Board pearl: "Osmolality drives mental status; pH drives DKA breath; potassium drives the order in which you give insulin." Three sentences = most HHS questions answered.

— 78-year-old from SNF with 5 days of decreased PO intake, glucose 880, Na 148 (measured), K 4.5, HCO3 22, pH 7.34, β-OHB 1.2, osmolality 358, GCS 10.
— Answer: Start 0.9% NS 1 L bolus, check K (already 4.5 — OK), start insulin infusion at 0.1 U/kg/hr after first liter. Do NOT give bicarb.
— Same patient, but K is 3.1. The trap answer is "start insulin." The right answer: hold insulin, give KCl 20–30 mEq/hr, recheck K, then start insulin when K ≥3.3.
— On hour 4, glucose is 270 mg/dL, osmolality 332, mental status improving but not normal. What next?
— Answer: Add D5 to 0.45% NS and decrease insulin to 0.02–0.05 U/kg/hr. Continue until osmolality <315 and mentation normal.

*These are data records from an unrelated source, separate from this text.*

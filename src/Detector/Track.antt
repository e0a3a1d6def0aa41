-- ===== src/Detector/Track.antt =====
-- burst_detect.c: the bursts on the air, from one FFT frame to the next: `update_bursts`, the mask of
-- the bins they cover, `delete_gone_bursts`, and new bursts out of the peaks.
use iridium_sniffer.Base.{
  ℕ, zero, suc, ◌+◌, ◌-◌, ◌/◌, ◌%◌, ◌^◌, List, [], ◌∷◌, ◌++◌, Bool, true, false, ◌&&◌, ◌||◌, not,
  length, get_or, replicate, map, ltb, leb, ◌==◌, if◌then◌else◌, sub64,
}
use iridium_sniffer.Base.Int.{pos}
use iridium_sniffer.Base.Doubles.{Doubles}
use iridium_sniffer.Detector.{Settings, Detector, Active, Peak}
use iridium_sniffer.Detector.Kernels.{zip_with}
use iridium_sniffer.Detector.Sweep.{Rule, sweep}
use iridium_sniffer.Detector.Noise.{update_filters_post}

-- memset of `n` entries from index `start` on.
abbrev pub fill {ℓ} : {A : Type ℓ} → List A → ℕ → ℕ → A → List A
fill [] start n v = []
fill (x ∷ xs) zero zero v = x ∷ xs
fill (x ∷ xs) zero (suc n) v = v ∷ fill xs zero n v
fill (x ∷ xs) (suc start) n v = x ∷ fill xs start n v

module _ (F : Doubles) where
  open F use {Double, of_int, mul, div, lt, eq, log10, decimal}

  abbrev pub above : Settings F → List Double → ℕ → Bool
  above c magnitude bin = lt c.threshold (get_or magnitude bin (of_int (pos 0)))

  -- The bin of the burst or a neighbour is above the threshold.
  unfoldable pub is_active : Settings F → Detector F → ℕ → Bool
  is_active c d cb =
      (ltb 0 cb && above c d.relative_magnitude (cb - 1))
      || above c d.relative_magnitude cb
      || (ltb (cb + 1) c.fft_size && above c d.relative_magnitude (cb + 1))

  unfoldable pub update_bursts : Settings F → Detector F → Detector F
  update_bursts c d = record d {
    bursts =
        map (λ b. if is_active c d b.center_bin then record b { last_active = d.index } else b)
          d.bursts;
  }

  -- The bins of a burst, cut at both ends of the frame.
  unfoldable pub mask_burst : Settings F → List Double → ℕ → List Double
  mask_burst c mask center_bin =
      let half = c.burst_width / 2 in
      let clear_start = center_bin - half in
      let clear_stop =
        if leb c.fft_size (center_bin + half) then c.fft_size - 1 else center_bin + half in
      fill mask clear_start (clear_stop + 1 - clear_start) (of_int (pos 0))

  unfoldable pub mask_all : Settings F → List Double → List (Active F) → List Double
  mask_all c mask [] = mask
  mask_all c mask (b ∷ bursts) = mask_all c (mask_burst c mask b.center_bin) bursts

  unfoldable pub update_burst_mask : Settings F → Detector F → Detector F
  update_burst_mask c d = record d {
    burst_mask = mask_all c (replicate c.fft_size (of_int (pos 1))) d.bursts;
  }

  -- More than `max_burst_len` samples long.
  abbrev pub is_long : Settings F → Active F → Bool
  is_long c b = ltb 0 c.max_burst_len && ltb c.max_burst_len (sub64 b.last_active b.start)

  unfoldable pub gone_rule : Settings F → ℕ → Rule (Active F)
  gone_rule c index = record {
    leaves = λ b. leb ((b.last_active + c.burst_post_len) % 2 ^ 64) index || is_long c b;
    flags = λ b. is_long c b;
    mark = λ b. record b { stop = index };
  }

  unfoldable pub delete_gone_bursts : Settings F → Detector F → Detector F
  delete_gone_bursts c d =
      let (bursts, gone, update_noise) =
        sweep (gone_rule c d.index) (length d.bursts) 0 d.bursts d.gone_bursts false in
      let d' = record d { bursts = bursts; gone_bursts = gone } in
      if update_noise then update_filters_post F c d' true else d'

  unfoldable pub remove_peaks_around_bursts : Detector F → Detector F
  remove_peaks_around_bursts d = record d {
    relative_magnitude = zip_with F mul d.relative_magnitude d.burst_mask;
  }

  -- The peaks from bin `bin` on, in `n` rounds.
  unfoldable pub scan_peaks : Settings F → List Double → ℕ → ℕ → List (Peak F)
  scan_peaks c magnitude zero bin = []
  scan_peaks c magnitude (suc n) bin =
      let dc_bin = c.fft_size / 2 in
      let rest = scan_peaks c magnitude n (bin + 1) in
      if leb dc_bin (bin + 3) && leb bin (dc_bin + 3)
      then rest
      else if above c magnitude bin
      then record { bin = bin; relative_magnitude = get_or magnitude bin (of_int (pos 0)) } ∷ rest
      else rest

  module _ (qsort : List (Peak F) → List (Peak F)) where
    unfoldable pub extract_peaks : Settings F → Detector F → Detector F
    extract_peaks c d =
        let half_bw = c.burst_width / 2 in
        let peaks = scan_peaks c d.relative_magnitude (c.fft_size - half_bw - half_bw) half_bw in
        record d { peaks = qsort peaks }

  unfoldable pub burst_of : Settings F → Detector F → Peak F → Active F
  burst_of c d p =
      let start = sub64 d.index c.burst_pre_len in
      let ten = of_int (pos 10) in
      let size = of_int (pos c.fft_size) in
      let history = of_int (pos c.history_size) in
      let level =
        div (div (get_or d.baseline_sum p.bin (of_int (pos 0))) history) (mul size size) in
      record {
        id = d.burst_id;
        start = start;
        stop = 0;
        last_active = start;
        center_bin = p.bin;
        magnitude = mul ten (log10 (mul (mul p.relative_magnitude history) (decimal 172 2)));
        noise =
            mul ten
              (log10 (div (div level (decimal 172 2)) (div (of_int (pos c.sample_rate)) size)));
      }

  -- A peak in a bin that no burst covers starts one.
  unfoldable pub create_from_peak : Settings F → Detector F → Peak F → Detector F
  create_from_peak c d p =
      let b = burst_of c d p in
      if eq (get_or d.burst_mask p.bin (of_int (pos 0))) (of_int (pos 0)) then d else record d {
        burst_id = (d.burst_id + 10) % 2 ^ 64;
        peak_signal_db = if lt d.peak_signal_db b.magnitude then b.magnitude else d.peak_signal_db;
        bursts = d.bursts ++ (b ∷ []);
        new_bursts = d.new_bursts ++ (b ∷ []);
        burst_mask = mask_burst c d.burst_mask b.center_bin;
      }

  unfoldable pub create_from_peaks : Settings F → Detector F → List (Peak F) → Detector F
  create_from_peaks c d [] = d
  create_from_peaks c d (p ∷ peaks) = create_from_peaks c (create_from_peak c d p) peaks

  unfoldable pub squelch_rule : Settings F → ℕ → Rule (Active F)
  squelch_rule c index = record {
    leaves = λ b. not (b.start == sub64 index c.burst_pre_len);
    flags = λ b. false;
    mark = λ b. record b { stop = index };
  }

  -- Too many bursts: the ones that were there before are gone, the new ones forgotten.
  unfoldable pub squelch : Settings F → Detector F → Detector F
  squelch c d =
      let (bursts, gone, flag) =
        sweep (squelch_rule c d.index) (length d.bursts) 0 d.bursts d.gone_bursts false in
      let d' =
        update_burst_mask c (record d { new_bursts = []; bursts = []; gone_bursts = gone }) in
      let zeros = replicate c.fft_size (of_int (pos 0)) in
      if leb 10 (d.squelch_count + 3)
      then record d' {
        history_index = 0;
        history_primed = false;
        baseline_history = replicate c.history_size zeros;
        baseline_sum = zeros;
        squelch_count = 0;
      }
      else record d' { squelch_count = d.squelch_count + 3 }

  unfoldable pub create_new_bursts : Settings F → Detector F → Detector F
  create_new_bursts c d =
      let d' = create_from_peaks c (record d { new_bursts = [] }) d.peaks in
      if ltb 0 c.max_bursts && ltb c.max_bursts (length d'.bursts)
      then squelch c d'
      else record d' { squelch_count = d'.squelch_count - 1 }
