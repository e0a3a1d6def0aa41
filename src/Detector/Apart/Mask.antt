-- ===== src/Detector/Apart/Mask.antt =====
-- burst_detect.c, `mask_burst` and `update_burst_mask`: the bins of the mask that are 0.
use iridium_sniffer.Base.{
  ℕ, zero, suc, ◌+◌, ◌/◌, ◌≤◌, ◌<◌, List, [], ◌∷◌, ◌++◌, Bool-cases, inl, inr, length,
  length-replicate, get_or, replicate, leb, ◌≡◌, refl, sym, ap, ◌∙◌, arith,
}
use iridium_sniffer.Base.Int.{pos}
use iridium_sniffer.Base.Doubles.{Doubles}
use iridium_sniffer.Detector.{Settings, Detector, Active}
use mathlib.Core.List.{append_assoc, append-nil}
use iridium_sniffer.Detector.Apart.{centers}
use iridium_sniffer.Detector.Track.{fill, mask_burst, mask_all, update_burst_mask}

module _ {ℓ} {A : Type ℓ} where
  length-fill : (xs : List A) (a n : ℕ) (v : A) → length (fill xs a n v) ≡ length xs
  length-fill [] a n v = refl
  length-fill (x ∷ xs) zero zero v = refl
  length-fill (x ∷ xs) zero (suc n) v = ap suc (length-fill xs zero n v)
  length-fill (x ∷ xs) (suc a) n v = ap suc (length-fill xs a n v)

  fill-inside :
      (xs : List A) (a n k : ℕ) (v : A) → a ≤ k → k < a + n → get_or (fill xs a n v) k v ≡ v
  fill-inside [] a n k v h l = refl
  fill-inside (x ∷ xs) zero zero k v h l = absurd (omega arith)
  fill-inside (x ∷ xs) zero (suc n) zero v h l = refl
  fill-inside (x ∷ xs) zero (suc n) (suc k) v h l =
      fill-inside xs zero n k v (omega arith) (omega arith)
  fill-inside (x ∷ xs) (suc a) n zero v h l = absurd (omega arith)
  fill-inside (x ∷ xs) (suc a) n (suc k) v h l = fill-inside xs a n k v (omega arith) (omega arith)

  fill-keeps :
      (xs : List A) (a n k : ℕ) (v : A) → get_or xs k v ≡ v → get_or (fill xs a n v) k v ≡ v
  fill-keeps [] a n k v h = refl
  fill-keeps (x ∷ xs) zero zero k v h = h
  fill-keeps (x ∷ xs) zero (suc n) zero v h = refl
  fill-keeps (x ∷ xs) zero (suc n) (suc k) v h = fill-keeps xs zero n k v h
  fill-keeps (x ∷ xs) (suc a) n zero v h = h
  fill-keeps (x ∷ xs) (suc a) n (suc k) v h = fill-keeps xs a n k v h

  get_or-past : (xs : List A) (k : ℕ) (v : A) → length xs ≤ k → get_or xs k v ≡ v
  get_or-past [] k v h = refl
  get_or-past (x ∷ xs) zero v h = absurd (omega arith)
  get_or-past (x ∷ xs) (suc k) v h = get_or-past xs k v (omega arith)

module _ (F : Doubles) (c : Settings F) where
  open F use {Double, of_int}

  abbrev pub half : ℕ
  half = c.burst_width / 2

  -- The bin reads 0.
  abbrev pub IsZero : List Double → ℕ → Type 0
  IsZero mask k = get_or mask k (of_int (pos 0)) ≡ of_int (pos 0)

  -- All bins within half a width read 0.
  abbrev pub IsCovered : List Double → ℕ → Type 0
  IsCovered mask bin = (k : ℕ) → bin ≤ k + half → k ≤ bin + half → IsZero mask k

  abbrev pub AreCovered : List Double → List ℕ → Type 0
  AreCovered mask [] = Unit {0}
  AreCovered mask (b ∷ bins) = IsCovered mask b × AreCovered mask bins

  length-mask_burst :
      (mask : List Double) (bin : ℕ) → length (mask_burst F c mask bin) ≡ length mask
  unfolding mask_burst
  length-mask_burst mask bin = length-fill mask _ _ _

  mask_burst-keeps :
      (mask : List Double) (bin k : ℕ) → IsZero mask k → IsZero (mask_burst F c mask bin) k
  unfolding mask_burst
  mask_burst-keeps mask bin k z = fill-keeps mask _ _ k _ z

  mask_burst-covers :
      (mask : List Double) (bin : ℕ)
      → length mask ≡ c.fft_size
      → IsCovered (mask_burst F c mask bin) bin
  mask_burst-covers mask bin l k h h' = elim (Bool-cases (leb c.fft_size k)) [
    | inl e ↦
        get_or-past (mask_burst F c mask bin) k _ (ground (arith, length-mask_burst mask bin, l))
    | inr e ↦ elim (Bool-cases (leb c.fft_size (bin + half))) [
      | inl cut ↦
          unfold mask_burst in rw (cut) (fill-inside mask _ _ k _ (omega arith) (ground arith))
      | inr whole ↦
          unfold mask_burst in rw (whole) (fill-inside mask _ _ k _ (omega arith) (omega arith))
    ]
  ]

  mask_burst-AreCovered :
      (mask : List Double) (bin : ℕ) (bins : List ℕ)
      → AreCovered mask bins
      → AreCovered (mask_burst F c mask bin) bins
  mask_burst-AreCovered mask bin [] a = tt
  mask_burst-AreCovered mask bin (b ∷ bins) a =
      (λ k h h'. mask_burst-keeps mask bin k (a.0 k h h'), mask_burst-AreCovered mask bin bins a.1)

  AreCovered-append :
      (mask : List Double) (bins : List ℕ) (new : ℕ)
      → AreCovered mask bins
      → IsCovered mask new
      → AreCovered mask (bins ++ (new ∷ []))
  AreCovered-append mask [] new a i = (i, tt)
  AreCovered-append mask (b ∷ bins) new a i = (a.0, AreCovered-append mask bins new a.1 i)

  -- A mask of one frame that covers these bins.
  pub record IsMask (mask : List Double) (bins : List ℕ) : Type 0 where
    pub size : length mask ≡ c.fft_size
    pub covered : AreCovered mask bins

  pub mask_burst-IsMask :
      (mask : List Double) (bins : List ℕ) (new : ℕ)
      → IsMask mask bins
      → IsMask (mask_burst F c mask new) (bins ++ (new ∷ []))
  mask_burst-IsMask mask bins new m = record {
    size = length-mask_burst mask new ∙ m.size;
    covered =
        AreCovered-append (mask_burst F c mask new) bins new
          (mask_burst-AreCovered mask new bins m.covered) (mask_burst-covers mask new m.size);
  }

  mask_all-IsMask :
      (bursts : List (Active F)) (mask : List Double) (bins : List ℕ)
      → IsMask mask bins
      → IsMask (mask_all F c mask bursts) (bins ++ centers F bursts)
  unfolding mask_all
  mask_all-IsMask [] mask bins m = rw (append-nil bins) m
  mask_all-IsMask (b ∷ bursts) mask bins m =
      rw (sym (append_assoc bins (b.center_bin ∷ []) (centers F bursts))) (
        mask_all-IsMask bursts (mask_burst F c mask b.center_bin) (bins ++ (b.center_bin ∷ []))
          (mask_burst-IsMask mask bins b.center_bin m))

  pub update_burst_mask-IsMask :
      (d : Detector F) → IsMask (update_burst_mask F c d).burst_mask (centers F d.bursts)
  unfolding update_burst_mask
  update_burst_mask-IsMask d =
      mask_all-IsMask d.bursts (replicate c.fft_size (of_int (pos 1))) []
        (record { size = length-replicate _ _; covered = tt })
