-- ===== src/Detector/Apart/Create.antt =====
-- burst_detect.c: the center bins after the calls of a frame that move or make bursts.
use iridium_sniffer.Base.{
  ℕ, ◌+◌, ◌-◌, List, [], ◌∷◌, ◌++◌, true, false, if◌then◌else◌, Bool-cases, inl, inr, map, get_or,
  length, ltb, ltb→lt, not_below, leb, ◌&&◌, ◌≡◌, refl, ap, arith,
}
use iridium_sniffer.Base.Int.{pos}
use iridium_sniffer.Base.Doubles.{Doubles}
use iridium_sniffer.Detector.{Settings, Detector, Active, Peak}
use iridium_sniffer.Detector.Sweep.{Rule, kept}
use iridium_sniffer.Detector.Track.{
  is_active, update_bursts, update_burst_mask, create_new_bursts, create_from_peak,
  create_from_peaks, squelch, burst_of,
}
use iridium_sniffer.Detector.Apart.{AllFar, AreApart, AreApart-append, centers}
use iridium_sniffer.Detector.Apart.Mask.{half, IsZero, AreCovered, IsMask, mask_burst-IsMask}

module _ (F : Doubles) (c : Settings F) where
  open F use {Double, of_int, eq}

  centers-append :
      (bursts : List (Active F)) (b : Active F)
      → centers F (bursts ++ (b ∷ [])) ≡ centers F bursts ++ (b.center_bin ∷ [])
  centers-append [] b = refl
  centers-append (x ∷ bursts) b = ap (λ r. x.center_bin ∷ r) (centers-append bursts b)

  pub update_bursts-centers :
      (d : Detector F) → centers F (update_bursts F c d).bursts ≡ centers F d.bursts
  unfolding update_bursts
  update_bursts-centers d = each d.bursts
    where
      each :
          (bursts : List (Active F))
          → centers F (
              map
                (λ b.
                  if is_active F c d b.center_bin then record b { last_active = d.index } else b)
                bursts)
            ≡ centers F bursts
      each [] = refl
      each (b ∷ bursts) = elim (Bool-cases (is_active F c d b.center_bin)) [
        | inl e ↦ rw (e) (ap (λ r. b.center_bin ∷ r) (each bursts))
        | inr e ↦ rw (e) (ap (λ r. b.center_bin ∷ r) (each bursts))
      ]

  -- What stays keeps its distance.
  kept-AllFar :
      (r : Rule (Active F)) (h bin : ℕ) (bursts : List (Active F))
      → AllFar h bin (centers F bursts)
      → AllFar h bin (centers F (kept r bursts))
  kept-AllFar r h bin [] f = tt
  kept-AllFar r h bin (b ∷ bursts) f = elim (Bool-cases (r.leaves b)) [
    | inl e ↦ rw (kept, e) (kept-AllFar r h bin bursts f.1)
    | inr e ↦ rw (kept, e) (f.0, kept-AllFar r h bin bursts f.1)
  ]

  pub kept-AreApart :
      (r : Rule (Active F)) (h : ℕ) (bursts : List (Active F))
      → AreApart h (centers F bursts)
      → AreApart h (centers F (kept r bursts))
  kept-AreApart r h [] a = tt
  kept-AreApart r h (b ∷ bursts) a = elim (Bool-cases (r.leaves b)) [
    | inl e ↦ rw (kept, e) (kept-AreApart r h bursts a.1)
    | inr e ↦ rw (kept, e) (kept-AllFar r h b.center_bin bursts a.0, kept-AreApart r h bursts a.1)
  ]

  -- The state between the calls of a frame that create bursts.
  pub record IsSpaced (d : Detector F) : Type 0 where
    pub apart : AreApart (half F c) (centers F d.bursts)
    pub mask : IsMask F c d.burst_mask (centers F d.bursts)

  pub squelch-none : (d : Detector F) → (squelch F c d).bursts ≡ []
  unfolding squelch update_burst_mask
  squelch-none d = elim (Bool-cases (leb 10 (d.squelch_count + 3))) [
    | inl e ↦ rw (e) refl
    | inr e ↦ rw (e) refl
  ]

  module _ (zero_eq : eq (of_int (pos 0)) (of_int (pos 0)) ≡ true) where
    -- A bin that the mask leaves open is far from all bursts.
    open_bin :
        (mask : List Double) (bin : ℕ) (bins : List ℕ)
        → AreCovered F c mask bins
        → eq (get_or mask bin (of_int (pos 0))) (of_int (pos 0)) ≡ false
        → AllFar (half F c) bin bins
    open_bin mask bin [] a o = tt
    open_bin mask bin (b ∷ bins) a o = (
      elim (Bool-cases (ltb (half F c) ((bin - b) + (b - bin)))) [
        | inl e ↦ ltb→lt _ _ e
        | inr e ↦
            let n = not_below _ _ e in
            let z : IsZero F c mask bin = a.0 bin (omega arith) (omega arith) in
            absurd (cc (ap (λ x. eq x (of_int (pos 0))) z))
      ],
      open_bin mask bin bins a.1 o,
    )

    create_from_peak-IsSpaced :
        (d : Detector F) (p : Peak F) → IsSpaced d → IsSpaced (create_from_peak F c d p)
    unfolding create_from_peak
    create_from_peak-IsSpaced d p s =
        elim (Bool-cases (eq (get_or d.burst_mask p.bin (of_int (pos 0))) (of_int (pos 0)))) [
          | inl e ↦ rw (e) s
          | inr e ↦
              let b = burst_of F c d p in
              let center : b.center_bin ≡ p.bin = unfold burst_of in refl in
              let far = open_bin d.burst_mask p.bin (centers F d.bursts) s.mask.covered e in
              rw (e) (record {
                apart =
                    rw (centers-append d.bursts b, center)
                      (AreApart-append (half F c) p.bin (centers F d.bursts) s.apart far);
                mask =
                    rw (centers-append d.bursts b)
                      (mask_burst-IsMask F c d.burst_mask (centers F d.bursts) b.center_bin s.mask);
              })
        ]

    create_from_peaks-IsSpaced :
        (peaks : List (Peak F)) (d : Detector F)
        → IsSpaced d
        → IsSpaced (create_from_peaks F c d peaks)
    unfolding create_from_peaks
    create_from_peaks-IsSpaced [] d s = s
    create_from_peaks-IsSpaced (p ∷ peaks) d s =
        create_from_peaks-IsSpaced peaks (create_from_peak F c d p)
          (create_from_peak-IsSpaced d p s)

    pub create_new_bursts-AreApart :
        (d : Detector F)
        → IsSpaced d
        → AreApart (half F c) (centers F (create_new_bursts F c d).bursts)
    unfolding create_new_bursts
    create_new_bursts-AreApart d s =
        let d' = create_from_peaks F c (record d { new_bursts = [] }) d.peaks in
        let s' =
          create_from_peaks-IsSpaced d.peaks (record d { new_bursts = [] })
            (record { apart = s.apart; mask = s.mask }) in
        elim (Bool-cases (ltb 0 c.max_bursts && ltb c.max_bursts (length d'.bursts))) [
          | inl e ↦ rw (e, squelch-none d') tt
          | inr e ↦ rw (e) s'.apart
        ]
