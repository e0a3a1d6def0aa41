-- ===== src/Detector/Gone.antt =====
-- burst_detect.c, `delete_gone_bursts`: which bursts stay and which are handed on.
use iridium_sniffer.Base.{
  ◌++◌, ◌+◌, ◌%◌, ◌^◌, ℕ, List, [], ◌∷◌, leb, ltb, sub64, if◌then◌else◌, ◌&&◌, ap, ◌∙◌, Bool, true,
  ◌||◌, ◌==◌, length, Bool-cases, inl, inr, ◌≡◌, refl,
}
use iridium_sniffer.Base.Doubles.{Doubles}
use iridium_sniffer.Detector.{Settings, Detector, Active}
use iridium_sniffer.Detector.Sweep.{kept, left, flagged, sweep-once}
use iridium_sniffer.Detector.Noise.{update_filters_post}
use iridium_sniffer.Detector.Track.{delete_gone_bursts, gone_rule}

module _ (F : Doubles) (c : Settings F) where
  -- The noise floor leaves the bursts alone.
  pub update_filters_post-bursts :
      (d : Detector F) (force : Bool)
      → ((update_filters_post F c d force).bursts ≡ d.bursts)
        × ((update_filters_post F c d force).gone_bursts ≡ d.gone_bursts)
  unfolding update_filters_post
  update_filters_post-bursts d force = elim (Bool-cases ((length d.bursts == 0) || force)) [
    | inl e ↦ rw (e) (refl, refl)
    | inr e ↦ rw (e) (refl, refl)
  ]

  -- The burst has ended, or it is longer than allowed.
  abbrev pub is_over : ℕ → Active F → Bool
  is_over index b =
      leb ((b.last_active + c.burst_post_len) % 2 ^ 64) index
      || (ltb 0 c.max_burst_len && ltb c.max_burst_len (sub64 b.last_active b.start))

  abbrev pub still_active : ℕ → List (Active F) → List (Active F)
  still_active index [] = []
  still_active index (b ∷ bursts) =
      let rest = still_active index bursts in if is_over index b then rest else b ∷ rest

  -- The bursts that are over, each stopped at `index`.
  abbrev pub stopped : ℕ → List (Active F) → List (Active F)
  stopped index [] = []
  stopped index (b ∷ bursts) =
      let rest = stopped index bursts in
      if is_over index b then record b { stop = index } ∷ rest else rest

  kept-active :
      (index : ℕ) (bursts : List (Active F))
      → kept (gone_rule F c index) bursts ≡ still_active index bursts
  unfolding gone_rule
  kept-active index [] = refl
  kept-active index (b ∷ bursts) = elim (Bool-cases (is_over index b)) [
    | inl e ↦ rw (e, kept) (kept-active index bursts)
    | inr e ↦ rw (e, kept) (ap (λ bs. b ∷ bs) (kept-active index bursts))
  ]

  left-stopped :
      (index : ℕ) (bursts : List (Active F))
      → left (gone_rule F c index) bursts ≡ stopped index bursts
  unfolding gone_rule
  left-stopped index [] = refl
  left-stopped index (b ∷ bursts) = elim (Bool-cases (is_over index b)) [
    | inl e ↦ rw (e, left) (ap (λ bs. record b { stop = index } ∷ bs) (left-stopped index bursts))
    | inr e ↦ rw (e, left) (left-stopped index bursts)
  ]

  pub delete_gone_bursts-swept :
      (d : Detector F)
      → ((delete_gone_bursts F c d).bursts ≡ kept (gone_rule F c d.index) d.bursts)
        × ((delete_gone_bursts F c d).gone_bursts
            ≡ d.gone_bursts ++ left (gone_rule F c d.index) d.bursts)
  unfolding delete_gone_bursts
  delete_gone_bursts-swept d = elim (Bool-cases (flagged (gone_rule F c d.index) d.bursts)) [
    | inl e ↦
        rw (sweep-once (gone_rule F c d.index) d.bursts d.gone_bursts, e)
          (update_filters_post-bursts
            (record d {
              bursts = kept (gone_rule F c d.index) d.bursts;
              gone_bursts = d.gone_bursts ++ left (gone_rule F c d.index) d.bursts;
            })
            true)
    | inr e ↦ rw (sweep-once (gone_rule F c d.index) d.bursts d.gone_bursts, e) (refl, refl)
  ]

  -- `delete_gone_bursts` is one pass over the bursts. A burst that was last active `burst_post_len`
  -- samples ago or more, on `uint64_t`, or whose activity is longer than `max_burst_len`, if that is not
  -- 0, leaves the array and is appended to the gone ones, with the present index as its stop and nothing
  -- else changed; the other bursts stay as they are; both keep their order.
  pub delete_gone_bursts-once :
      (d : Detector F)
      → ((delete_gone_bursts F c d).bursts ≡ still_active d.index d.bursts)
        × ((delete_gone_bursts F c d).gone_bursts ≡ d.gone_bursts ++ stopped d.index d.bursts)
  delete_gone_bursts-once d =
      let (bursts, gone) = delete_gone_bursts-swept d in
      (
        bursts ∙ kept-active d.index d.bursts,
        gone ∙ ap (λ bs. d.gone_bursts ++ bs) (left-stopped d.index d.bursts),
      )
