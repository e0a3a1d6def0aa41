-- ===== src/Detector/Ring.antt =====
-- burst_detect.c: `ringbuf_write` and `ringbuf_extract`.
pub mod Pushes
pub mod Entries
pub mod History
pub mod Extract
use iridium_sniffer.Base.{
  ℕ, ◌+◌, ◌-◌, ◌%◌, List, [], ◌∷◌, ◌++◌, Option, none, some, length, take, drop, ltb, leb, ◌==◌,
  if◌then◌else◌,
}
use iridium_sniffer.Base.Doubles.{Doubles}
use iridium_sniffer.Detector.{Sample, RingBuffer}

-- memcpy of a block to index `at`.
unfoldable pub overwrite {ℓ} : {A : Type ℓ} → List A → ℕ → List A → List A
overwrite cells at block = take at cells ++ (block ++ drop (at + length block) cells)

-- The cells and the write position after a block, which may go around the end once.
unfoldable pub write_block {ℓ} : {A : Type ℓ} → List A → ℕ → List A → List A × ℕ
write_block cells pos samples =
    let n = length samples in
    let first = length cells - pos in
    if leb (pos + n) (length cells)
    then (overwrite cells pos samples, if pos + n == length cells then 0 else pos + n)
    else (overwrite (overwrite cells pos (take first samples)) 0 (drop first samples), n - first)

-- `len` cells from index `pos` on, around the end at most once.
unfoldable pub read_block {ℓ} : {A : Type ℓ} → List A → ℕ → ℕ → List A
read_block cells pos len =
    if leb (pos + len) (length cells)
    then take len (drop pos cells)
    else drop pos cells ++ take (len - (length cells - pos)) cells

module _ (F : Doubles) where
  -- `sample_count` is what it was before these samples.
  unfoldable pub ringbuf_write : RingBuffer F → ℕ → List (Sample F) → RingBuffer F
  ringbuf_write r sample_count samples =
      let (cells, write) = write_block r.cells r.write samples in
      let size = length r.cells in
      record {
        cells = cells;
        write = write;
        start = if ltb size sample_count then sample_count - size else r.start;
      }

  -- None where the length is 0 and NULL is returned.
  unfoldable pub ringbuf_extract : RingBuffer F → ℕ → ℕ → Option (List (Sample F))
  ringbuf_extract r start stop =
      let start' = if ltb start r.start then r.start else start in
      if leb stop start'
      then none
      else some (read_block r.cells (start' % length r.cells) (stop - start'))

— T2DM on empagliflozin with vomiting, glucose 240, pH 7.12, anion gap 24, ketones positive.
— Answer: Euglycemic DKA from SGLT2; hold SGLT2, D5-containing fluids + insulin simultaneously.
— Right hemiparesis with glucose 1100, osmolality 365. CT head negative.
— Answer: Likely HHS-related focal deficit; treat HHS, repeat neuro exam after osmolality normalizes; MRI if deficit persists.
— 15-year-old obese male with glucose 1000, osmolality 360, CK 5000, AMS.
— Answer: Adolescent HHS with rhabdomyolysis; cautious fluids (10–20 mL/kg bolus then 1.5× maintenance), PICU, monitor for cerebral edema.
— HHS resolving, on drip, blood sugars 180s. PO tolerating. Next step?
— Answer: Give subcutaneous basal insulin 2 hours before discontinuing drip, transition to basal-bolus, arrange diabetes educator and PCP follow-up within 1–2 weeks.
Step 3 management: When a question asks "what's the next best step" in HHS, the answer ladder is almost always: fluids → K check → insulin → dextrose addition → SC overlap → discharge planning.
Board pearl: If the stem highlights abdominal pain in an HHS-criteria patient, look for a precipitant (pancreatitis, mesenteric ischemia, appendicitis) or mixed HHS-DKA — pure HHS rarely causes abdominal pain.

Hyperosmolar hyperglycemic state is a profound water-deficit emergency of older type 2 diabetics defined by glucose ≥600, effective osmolality ≥320, minimal ketosis, and altered mental status — managed in a strict CCS sequence of aggressive fluids first, potassium gating before insulin, low-dose insulin infusion with dextrose added at glucose 250–300, parallel hunt for the precipitating "I" (infection, infarction, insulin nonadherence, iatrogenic drug, intoxication, inadequate water access), and a discharge bundle of basal-bolus insulin, diabetes education, follow-up, and social support to prevent recurrence.
Board pearl: Fluids fix more of HHS than insulin does — and the precipitant kills more often than the glucose number.